-- SUPPLIED DATA --
- - - -

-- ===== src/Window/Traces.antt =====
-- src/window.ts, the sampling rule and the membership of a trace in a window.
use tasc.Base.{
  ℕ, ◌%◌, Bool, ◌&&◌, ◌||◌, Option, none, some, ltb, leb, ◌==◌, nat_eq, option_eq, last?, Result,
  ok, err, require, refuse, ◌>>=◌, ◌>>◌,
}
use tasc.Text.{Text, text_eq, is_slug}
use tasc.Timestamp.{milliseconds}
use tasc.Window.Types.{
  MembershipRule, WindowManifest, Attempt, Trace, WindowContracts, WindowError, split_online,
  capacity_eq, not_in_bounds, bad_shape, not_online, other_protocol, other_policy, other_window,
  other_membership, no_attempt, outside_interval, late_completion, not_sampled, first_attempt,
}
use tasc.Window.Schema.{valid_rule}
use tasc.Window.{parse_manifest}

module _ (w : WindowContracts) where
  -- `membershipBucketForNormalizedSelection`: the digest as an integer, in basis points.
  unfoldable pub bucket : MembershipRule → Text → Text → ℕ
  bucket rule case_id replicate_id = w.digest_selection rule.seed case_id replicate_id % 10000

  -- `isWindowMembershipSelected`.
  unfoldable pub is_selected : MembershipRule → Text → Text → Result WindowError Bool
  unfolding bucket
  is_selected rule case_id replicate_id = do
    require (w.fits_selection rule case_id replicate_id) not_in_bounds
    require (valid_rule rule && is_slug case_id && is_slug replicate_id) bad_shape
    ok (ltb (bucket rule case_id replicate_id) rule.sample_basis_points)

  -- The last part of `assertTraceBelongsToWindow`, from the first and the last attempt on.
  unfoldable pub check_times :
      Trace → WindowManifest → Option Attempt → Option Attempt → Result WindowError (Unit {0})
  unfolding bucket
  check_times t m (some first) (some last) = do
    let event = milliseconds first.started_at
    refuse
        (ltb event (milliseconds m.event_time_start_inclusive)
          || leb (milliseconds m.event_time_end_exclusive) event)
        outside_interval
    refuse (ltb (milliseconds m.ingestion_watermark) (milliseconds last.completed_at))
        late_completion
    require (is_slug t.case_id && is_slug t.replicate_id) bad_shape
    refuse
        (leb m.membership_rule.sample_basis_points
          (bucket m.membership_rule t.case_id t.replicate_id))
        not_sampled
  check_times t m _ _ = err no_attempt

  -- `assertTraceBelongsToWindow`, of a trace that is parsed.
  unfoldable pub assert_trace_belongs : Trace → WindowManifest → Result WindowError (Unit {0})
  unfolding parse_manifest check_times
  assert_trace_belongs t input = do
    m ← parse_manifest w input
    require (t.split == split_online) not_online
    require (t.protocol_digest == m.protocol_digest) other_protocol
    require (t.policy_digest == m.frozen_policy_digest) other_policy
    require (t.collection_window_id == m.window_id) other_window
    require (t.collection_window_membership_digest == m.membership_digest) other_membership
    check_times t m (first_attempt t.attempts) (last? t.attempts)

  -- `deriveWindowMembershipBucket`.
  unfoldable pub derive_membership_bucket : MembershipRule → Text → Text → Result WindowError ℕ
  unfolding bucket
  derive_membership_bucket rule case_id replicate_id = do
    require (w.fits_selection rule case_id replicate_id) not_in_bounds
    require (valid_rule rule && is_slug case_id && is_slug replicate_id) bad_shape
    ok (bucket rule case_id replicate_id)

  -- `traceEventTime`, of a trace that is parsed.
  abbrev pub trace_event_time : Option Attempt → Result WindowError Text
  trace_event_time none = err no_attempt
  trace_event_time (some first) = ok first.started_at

- - - -

-- WORK ITEM --
When you repeat the data, keep each line exactly as given.

-- YOUR RESPONSE --
-- ===== src/Window/Traces.antt =====
-- src/window.ts, the sampling rule and the membership of a trace in a window.
use tasc.Base.{
  ℕ, ◌%◌, Bool, ◌&&◌, ◌||◌, Option, none, some, ltb, leb, ◌==◌, nat_eq, option_eq, last?, Result,
  ok, err, require, refuse, ◌>>=◌, ◌>>◌,
}
use tasc.Text.{Text, text_eq, is_slug}
use tasc.Timestamp.{milliseconds}
use tasc.Window.Types.{
  MembershipRule, WindowManifest, Attempt, Trace, WindowContracts, WindowError, split_online,
  capacity_eq, not_in_bounds, bad_shape, not_online, other_protocol, other_policy, other_window,
  other_membership, no_attempt, outside_interval, late_completion, not_sampled, first_attempt,
}
use tasc.Window.Schema.{valid_rule}
use tasc.Window.{parse_manifest}

module _ (w : WindowContracts) where
  -- `membershipBucketForNormalizedSelection`: the digest as an integer, in basis points.
  unfoldable pub bucket : MembershipRule → Text → Text → ℕ
  bucket rule case_id replicate_id = w.digest_selection rule.seed case_id replicate_id % 10000

  -- `isWindowMembershipSelected`.
  unfoldable pub is_selected : MembershipRule → Text → Text → Result WindowError Bool
  unfolding bucket
  is_selected rule case_id replicate_id = do
    require (w.fits_selection rule case_id replicate_id) not_in_bounds
    require (valid_rule rule && is_slug case_id && is_slug replicate_id) bad_shape
    ok (ltb (bucket rule case_id replicate_id) rule.sample_basis_points)

  -- The last part of `assertTraceBelongsToWindow`, from the first and the last attempt on.
  unfoldable pub check_times :
      Trace → WindowManifest → Option Attempt → Option Attempt → Result WindowError (Unit {0})
  unfolding bucket
  check_times t m (some first) (some last) = do
    let event = milliseconds first.started_at
    refuse
        (ltb event (milliseconds m.event_time_start_inclusive)
          || leb (milliseconds m.event_time_end_exclusive) event)
        outside_interval
    refuse (ltb (milliseconds m.ingestion_watermark) (milliseconds last.completed_at))
        late_completion
    require (is_slug t.case_id && is_slug t.replicate_id) bad_shape
    refuse
        (leb m.membership_rule.sample_basis_points
          (bucket m.membership_rule t.case_id t.replicate_id))
        not_sampled
  check_times t m _ _ = err no_attempt

  -- `assertTraceBelongsToWindow`, of a trace that is parsed.
  unfoldable pub assert_trace_belongs : Trace → WindowManifest → Result WindowError (Unit {0})
  unfolding parse_manifest check_times
  assert_trace_belongs t input = do
    m ← parse_manifest w input
    require (t.split == split_online) not_online
    require (t.protocol_digest == m.protocol_digest) other_protocol
    require (t.policy_digest == m.frozen_policy_digest) other_policy
    require (t.collection_window_id == m.window_id) other_window
    require (t.collection_window_membership_digest == m.membership_digest) other_membership
    check_times t m (first_attempt t.attempts) (last? t.attempts)

  -- `deriveWindowMembershipBucket`.
  unfoldable pub derive_membership_bucket : MembershipRule → Text → Text → Result WindowError ℕ
  unfolding bucket
  derive_membership_bucket rule case_id replicate_id = do
    require (w.fits_selection rule case_id replicate_id) not_in_bounds
    require (valid_rule rule && is_slug case_id && is_slug replicate_id) bad_shape
    ok (bucket rule case_id replicate_id)

  -- `traceEventTime`, of a trace that is parsed.
  abbrev pub trace_event_time : Option Attempt → Result WindowError Text
  trace_event_time none = err no_attempt
  trace_event_time (some first) = ok first.started_at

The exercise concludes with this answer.